WHAT IS BEING ASKED: Please repeat the lines below exactly. Begin with the line containing "e.code then 1 else 0)" and go on through the line containing "(c : Clock) (raw : RawCandle) (code".
──────
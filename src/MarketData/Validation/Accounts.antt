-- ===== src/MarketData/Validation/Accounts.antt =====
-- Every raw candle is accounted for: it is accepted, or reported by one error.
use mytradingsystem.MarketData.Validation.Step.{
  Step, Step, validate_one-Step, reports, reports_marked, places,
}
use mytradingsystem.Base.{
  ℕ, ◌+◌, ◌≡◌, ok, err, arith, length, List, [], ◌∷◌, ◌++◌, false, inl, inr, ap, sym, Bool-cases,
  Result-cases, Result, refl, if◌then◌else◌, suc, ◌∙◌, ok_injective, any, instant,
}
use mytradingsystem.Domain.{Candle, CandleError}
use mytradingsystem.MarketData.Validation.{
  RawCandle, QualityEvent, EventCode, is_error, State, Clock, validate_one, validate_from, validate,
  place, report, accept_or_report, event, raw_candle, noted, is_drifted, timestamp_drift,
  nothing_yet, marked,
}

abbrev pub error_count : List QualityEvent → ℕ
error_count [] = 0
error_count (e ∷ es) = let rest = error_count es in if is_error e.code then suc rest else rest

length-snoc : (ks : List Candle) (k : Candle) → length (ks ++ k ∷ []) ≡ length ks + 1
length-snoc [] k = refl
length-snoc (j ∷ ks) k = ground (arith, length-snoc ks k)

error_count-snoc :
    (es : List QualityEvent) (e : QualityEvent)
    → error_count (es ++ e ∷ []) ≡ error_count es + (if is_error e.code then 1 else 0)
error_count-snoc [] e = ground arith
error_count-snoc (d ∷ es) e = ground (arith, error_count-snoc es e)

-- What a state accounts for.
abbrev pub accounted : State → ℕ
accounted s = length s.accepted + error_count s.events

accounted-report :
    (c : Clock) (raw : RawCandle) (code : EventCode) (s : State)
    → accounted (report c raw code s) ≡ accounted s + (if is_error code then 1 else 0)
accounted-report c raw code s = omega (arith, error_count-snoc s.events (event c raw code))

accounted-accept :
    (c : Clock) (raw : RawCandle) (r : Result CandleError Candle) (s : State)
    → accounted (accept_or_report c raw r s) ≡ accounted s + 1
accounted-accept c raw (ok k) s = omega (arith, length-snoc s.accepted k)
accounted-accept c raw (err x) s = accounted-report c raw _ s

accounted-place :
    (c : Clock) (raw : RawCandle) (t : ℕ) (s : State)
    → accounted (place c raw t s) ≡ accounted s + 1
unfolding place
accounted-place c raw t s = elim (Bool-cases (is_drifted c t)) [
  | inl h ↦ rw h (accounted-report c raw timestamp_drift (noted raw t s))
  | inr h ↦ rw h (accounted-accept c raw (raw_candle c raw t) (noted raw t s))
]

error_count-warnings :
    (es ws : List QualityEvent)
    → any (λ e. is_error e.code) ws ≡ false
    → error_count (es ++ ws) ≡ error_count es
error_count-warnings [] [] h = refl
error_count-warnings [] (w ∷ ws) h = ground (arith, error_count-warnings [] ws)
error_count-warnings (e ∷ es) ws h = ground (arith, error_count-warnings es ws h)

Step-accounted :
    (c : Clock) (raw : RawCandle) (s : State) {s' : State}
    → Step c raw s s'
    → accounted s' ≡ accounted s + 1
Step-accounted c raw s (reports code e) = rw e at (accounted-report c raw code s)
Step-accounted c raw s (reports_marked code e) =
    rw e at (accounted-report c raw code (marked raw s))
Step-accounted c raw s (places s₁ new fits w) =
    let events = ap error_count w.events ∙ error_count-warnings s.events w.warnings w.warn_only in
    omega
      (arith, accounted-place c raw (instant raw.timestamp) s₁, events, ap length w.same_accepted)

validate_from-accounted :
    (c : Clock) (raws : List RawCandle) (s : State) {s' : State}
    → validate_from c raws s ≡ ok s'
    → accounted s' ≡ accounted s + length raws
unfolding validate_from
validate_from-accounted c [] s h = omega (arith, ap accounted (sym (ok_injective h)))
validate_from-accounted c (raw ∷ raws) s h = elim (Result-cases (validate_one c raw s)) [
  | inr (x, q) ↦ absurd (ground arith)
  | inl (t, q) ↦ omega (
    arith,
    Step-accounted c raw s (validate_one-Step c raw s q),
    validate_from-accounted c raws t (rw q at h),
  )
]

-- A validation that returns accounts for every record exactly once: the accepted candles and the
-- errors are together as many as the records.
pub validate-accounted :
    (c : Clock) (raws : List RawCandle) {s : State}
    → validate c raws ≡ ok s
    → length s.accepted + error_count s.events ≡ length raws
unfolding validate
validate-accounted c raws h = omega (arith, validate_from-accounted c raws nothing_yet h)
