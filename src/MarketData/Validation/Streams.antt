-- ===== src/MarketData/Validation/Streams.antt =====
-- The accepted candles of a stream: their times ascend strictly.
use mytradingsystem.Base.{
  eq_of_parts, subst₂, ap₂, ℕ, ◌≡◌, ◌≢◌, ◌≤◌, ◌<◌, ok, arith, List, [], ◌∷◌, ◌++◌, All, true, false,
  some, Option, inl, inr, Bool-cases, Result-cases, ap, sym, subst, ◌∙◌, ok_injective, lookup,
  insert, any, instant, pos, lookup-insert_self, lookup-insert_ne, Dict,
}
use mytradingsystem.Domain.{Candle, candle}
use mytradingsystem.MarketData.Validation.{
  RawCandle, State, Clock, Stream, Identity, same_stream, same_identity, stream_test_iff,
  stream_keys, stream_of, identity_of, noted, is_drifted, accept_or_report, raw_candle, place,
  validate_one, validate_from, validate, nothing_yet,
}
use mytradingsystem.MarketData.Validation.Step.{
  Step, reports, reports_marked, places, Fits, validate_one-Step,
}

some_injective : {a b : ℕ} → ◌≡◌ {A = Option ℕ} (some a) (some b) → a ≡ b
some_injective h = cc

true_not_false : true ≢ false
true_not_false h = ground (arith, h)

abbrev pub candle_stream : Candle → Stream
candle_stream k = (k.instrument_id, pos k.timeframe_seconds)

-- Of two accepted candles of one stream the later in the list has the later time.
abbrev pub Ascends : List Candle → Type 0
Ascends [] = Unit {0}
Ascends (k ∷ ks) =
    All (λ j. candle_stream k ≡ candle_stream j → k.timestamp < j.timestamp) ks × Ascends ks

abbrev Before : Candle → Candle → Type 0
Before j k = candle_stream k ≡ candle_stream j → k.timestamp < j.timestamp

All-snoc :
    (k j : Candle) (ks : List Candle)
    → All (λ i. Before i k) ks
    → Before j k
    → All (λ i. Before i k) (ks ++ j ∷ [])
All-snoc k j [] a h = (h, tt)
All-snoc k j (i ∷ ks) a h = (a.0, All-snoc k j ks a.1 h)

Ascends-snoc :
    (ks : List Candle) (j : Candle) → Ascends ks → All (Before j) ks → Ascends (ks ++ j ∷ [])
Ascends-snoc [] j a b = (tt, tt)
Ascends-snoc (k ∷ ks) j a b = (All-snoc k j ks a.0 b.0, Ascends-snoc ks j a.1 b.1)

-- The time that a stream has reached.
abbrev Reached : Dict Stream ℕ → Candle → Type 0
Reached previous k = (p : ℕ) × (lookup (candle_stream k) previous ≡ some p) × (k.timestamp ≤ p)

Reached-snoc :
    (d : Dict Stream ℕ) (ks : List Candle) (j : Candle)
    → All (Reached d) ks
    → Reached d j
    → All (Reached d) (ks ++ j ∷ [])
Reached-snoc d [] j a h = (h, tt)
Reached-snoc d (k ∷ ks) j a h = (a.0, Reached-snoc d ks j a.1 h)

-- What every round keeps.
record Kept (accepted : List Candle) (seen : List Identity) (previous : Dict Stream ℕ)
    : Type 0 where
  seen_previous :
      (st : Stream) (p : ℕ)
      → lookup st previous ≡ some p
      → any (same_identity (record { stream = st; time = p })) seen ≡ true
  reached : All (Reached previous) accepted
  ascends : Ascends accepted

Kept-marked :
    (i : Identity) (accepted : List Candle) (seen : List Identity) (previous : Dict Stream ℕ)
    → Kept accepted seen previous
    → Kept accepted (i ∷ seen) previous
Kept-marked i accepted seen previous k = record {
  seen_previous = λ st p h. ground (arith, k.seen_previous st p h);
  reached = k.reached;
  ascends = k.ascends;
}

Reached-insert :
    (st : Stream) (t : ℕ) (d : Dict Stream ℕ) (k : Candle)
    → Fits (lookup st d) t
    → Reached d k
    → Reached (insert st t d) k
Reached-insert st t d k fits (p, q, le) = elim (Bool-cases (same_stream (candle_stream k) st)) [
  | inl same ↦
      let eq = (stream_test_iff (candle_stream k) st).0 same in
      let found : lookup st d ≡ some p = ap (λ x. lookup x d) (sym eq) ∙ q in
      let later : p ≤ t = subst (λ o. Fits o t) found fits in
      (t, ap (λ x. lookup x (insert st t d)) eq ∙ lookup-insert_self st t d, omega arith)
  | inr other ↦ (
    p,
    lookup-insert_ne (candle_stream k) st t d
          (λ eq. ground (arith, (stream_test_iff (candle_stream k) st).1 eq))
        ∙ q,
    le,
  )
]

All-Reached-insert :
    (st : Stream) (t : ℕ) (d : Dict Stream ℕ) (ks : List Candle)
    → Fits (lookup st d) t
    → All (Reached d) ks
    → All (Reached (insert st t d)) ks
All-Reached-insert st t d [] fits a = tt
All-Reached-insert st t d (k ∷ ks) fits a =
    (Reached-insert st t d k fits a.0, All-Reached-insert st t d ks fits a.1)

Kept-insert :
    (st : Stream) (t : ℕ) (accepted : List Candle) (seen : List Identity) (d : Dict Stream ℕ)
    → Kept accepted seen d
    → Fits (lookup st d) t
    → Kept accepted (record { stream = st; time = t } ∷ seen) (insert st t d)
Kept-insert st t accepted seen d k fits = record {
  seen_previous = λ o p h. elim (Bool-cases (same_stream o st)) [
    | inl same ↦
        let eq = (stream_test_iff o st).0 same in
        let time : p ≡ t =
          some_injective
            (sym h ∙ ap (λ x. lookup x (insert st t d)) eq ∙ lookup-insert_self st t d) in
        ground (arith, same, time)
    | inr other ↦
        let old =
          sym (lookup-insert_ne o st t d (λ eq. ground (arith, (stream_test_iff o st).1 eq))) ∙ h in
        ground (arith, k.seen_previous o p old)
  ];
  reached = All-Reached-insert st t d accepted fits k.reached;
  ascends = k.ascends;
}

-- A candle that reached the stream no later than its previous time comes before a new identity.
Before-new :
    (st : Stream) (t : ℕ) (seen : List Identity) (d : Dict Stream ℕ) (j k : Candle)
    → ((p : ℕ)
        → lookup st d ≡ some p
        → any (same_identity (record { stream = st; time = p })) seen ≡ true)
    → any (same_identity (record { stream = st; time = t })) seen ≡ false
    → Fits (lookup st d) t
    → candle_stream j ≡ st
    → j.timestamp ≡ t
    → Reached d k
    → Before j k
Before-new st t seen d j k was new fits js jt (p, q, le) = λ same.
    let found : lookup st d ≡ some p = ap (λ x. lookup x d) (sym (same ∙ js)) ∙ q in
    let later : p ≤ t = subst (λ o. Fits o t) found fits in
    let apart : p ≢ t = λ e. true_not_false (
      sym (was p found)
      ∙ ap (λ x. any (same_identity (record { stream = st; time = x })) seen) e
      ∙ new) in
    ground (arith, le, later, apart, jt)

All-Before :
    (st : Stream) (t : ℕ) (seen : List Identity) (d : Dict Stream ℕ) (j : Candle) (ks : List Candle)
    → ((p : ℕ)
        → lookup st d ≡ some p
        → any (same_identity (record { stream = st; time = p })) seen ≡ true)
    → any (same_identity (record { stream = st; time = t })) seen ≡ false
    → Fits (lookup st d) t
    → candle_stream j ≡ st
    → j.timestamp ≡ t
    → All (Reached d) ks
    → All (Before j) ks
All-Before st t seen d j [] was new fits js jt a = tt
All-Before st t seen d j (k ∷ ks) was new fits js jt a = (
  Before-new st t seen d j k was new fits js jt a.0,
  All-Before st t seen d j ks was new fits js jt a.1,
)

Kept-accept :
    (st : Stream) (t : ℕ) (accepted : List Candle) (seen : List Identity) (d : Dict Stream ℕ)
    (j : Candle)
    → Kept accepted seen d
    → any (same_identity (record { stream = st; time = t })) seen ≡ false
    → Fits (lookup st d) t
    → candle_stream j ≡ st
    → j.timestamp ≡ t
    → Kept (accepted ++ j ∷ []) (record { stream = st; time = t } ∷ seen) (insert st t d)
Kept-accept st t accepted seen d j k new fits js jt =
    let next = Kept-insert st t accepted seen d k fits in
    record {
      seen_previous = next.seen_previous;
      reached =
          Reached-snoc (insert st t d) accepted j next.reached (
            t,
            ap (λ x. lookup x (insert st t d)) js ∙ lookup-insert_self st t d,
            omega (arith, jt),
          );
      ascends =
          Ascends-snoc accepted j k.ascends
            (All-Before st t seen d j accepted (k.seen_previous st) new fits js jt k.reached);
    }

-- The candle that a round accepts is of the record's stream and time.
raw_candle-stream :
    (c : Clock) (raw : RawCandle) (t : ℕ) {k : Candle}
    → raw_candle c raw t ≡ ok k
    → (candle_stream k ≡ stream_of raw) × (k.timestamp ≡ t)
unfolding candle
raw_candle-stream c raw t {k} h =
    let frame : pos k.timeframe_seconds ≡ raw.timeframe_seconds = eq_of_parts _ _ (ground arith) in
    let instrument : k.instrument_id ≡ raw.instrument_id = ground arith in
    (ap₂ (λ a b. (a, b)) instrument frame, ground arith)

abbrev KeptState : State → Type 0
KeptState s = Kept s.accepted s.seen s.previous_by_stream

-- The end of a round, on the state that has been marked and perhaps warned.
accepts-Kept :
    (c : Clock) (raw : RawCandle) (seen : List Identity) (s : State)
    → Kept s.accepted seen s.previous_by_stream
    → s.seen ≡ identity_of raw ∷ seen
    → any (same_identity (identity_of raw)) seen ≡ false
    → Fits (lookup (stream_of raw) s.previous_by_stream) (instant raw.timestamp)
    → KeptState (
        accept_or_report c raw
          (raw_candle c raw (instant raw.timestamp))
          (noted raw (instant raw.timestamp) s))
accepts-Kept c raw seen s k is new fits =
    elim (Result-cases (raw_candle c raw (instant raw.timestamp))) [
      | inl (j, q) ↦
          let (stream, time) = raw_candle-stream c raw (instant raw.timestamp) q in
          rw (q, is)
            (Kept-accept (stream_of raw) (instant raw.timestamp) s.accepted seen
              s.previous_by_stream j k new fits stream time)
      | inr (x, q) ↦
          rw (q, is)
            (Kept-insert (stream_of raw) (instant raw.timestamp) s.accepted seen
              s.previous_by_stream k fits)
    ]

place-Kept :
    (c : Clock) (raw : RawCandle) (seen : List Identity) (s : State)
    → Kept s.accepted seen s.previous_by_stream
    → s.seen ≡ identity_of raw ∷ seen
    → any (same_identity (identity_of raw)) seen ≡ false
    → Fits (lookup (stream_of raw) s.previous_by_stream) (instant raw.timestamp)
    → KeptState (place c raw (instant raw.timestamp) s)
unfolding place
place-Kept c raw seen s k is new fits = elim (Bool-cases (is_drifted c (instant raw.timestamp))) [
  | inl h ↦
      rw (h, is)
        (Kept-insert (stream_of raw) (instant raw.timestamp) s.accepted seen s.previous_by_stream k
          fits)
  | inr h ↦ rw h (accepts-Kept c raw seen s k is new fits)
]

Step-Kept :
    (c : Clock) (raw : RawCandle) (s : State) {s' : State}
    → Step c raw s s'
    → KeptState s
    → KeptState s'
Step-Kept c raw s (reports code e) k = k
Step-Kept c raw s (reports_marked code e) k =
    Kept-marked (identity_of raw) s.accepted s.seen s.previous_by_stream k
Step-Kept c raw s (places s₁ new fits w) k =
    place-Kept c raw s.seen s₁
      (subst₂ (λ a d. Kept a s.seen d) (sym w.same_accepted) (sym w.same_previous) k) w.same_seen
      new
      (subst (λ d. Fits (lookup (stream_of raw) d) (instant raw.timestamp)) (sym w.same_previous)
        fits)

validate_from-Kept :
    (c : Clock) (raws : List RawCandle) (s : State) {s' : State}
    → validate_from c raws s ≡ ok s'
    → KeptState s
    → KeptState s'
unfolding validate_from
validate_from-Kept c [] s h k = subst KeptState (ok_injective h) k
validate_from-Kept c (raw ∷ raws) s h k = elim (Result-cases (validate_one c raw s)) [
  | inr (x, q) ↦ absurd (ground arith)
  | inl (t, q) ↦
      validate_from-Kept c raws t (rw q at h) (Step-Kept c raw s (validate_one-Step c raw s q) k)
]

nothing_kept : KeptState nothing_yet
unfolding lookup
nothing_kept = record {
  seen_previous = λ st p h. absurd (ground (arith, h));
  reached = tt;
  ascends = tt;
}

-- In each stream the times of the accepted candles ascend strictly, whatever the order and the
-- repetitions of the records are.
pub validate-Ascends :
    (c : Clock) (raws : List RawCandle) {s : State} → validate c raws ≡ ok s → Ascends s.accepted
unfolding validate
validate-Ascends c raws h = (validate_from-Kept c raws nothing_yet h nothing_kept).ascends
──────
THE ANSWER:
    → error_count (es ++ e ∷ []) ≡ error_count es + (if is_error e.code then 1 else 0)
error_count-snoc [] e = ground arith
error_count-snoc (d ∷ es) e = ground (arith, error_count-snoc es e)

-- What a state accounts for.
abbrev pub accounted : State → ℕ
accounted s = length s.accepted + error_count s.events

accounted-report :
    (c : Clock) (raw : RawCandle) (code : EventCode) (s : State)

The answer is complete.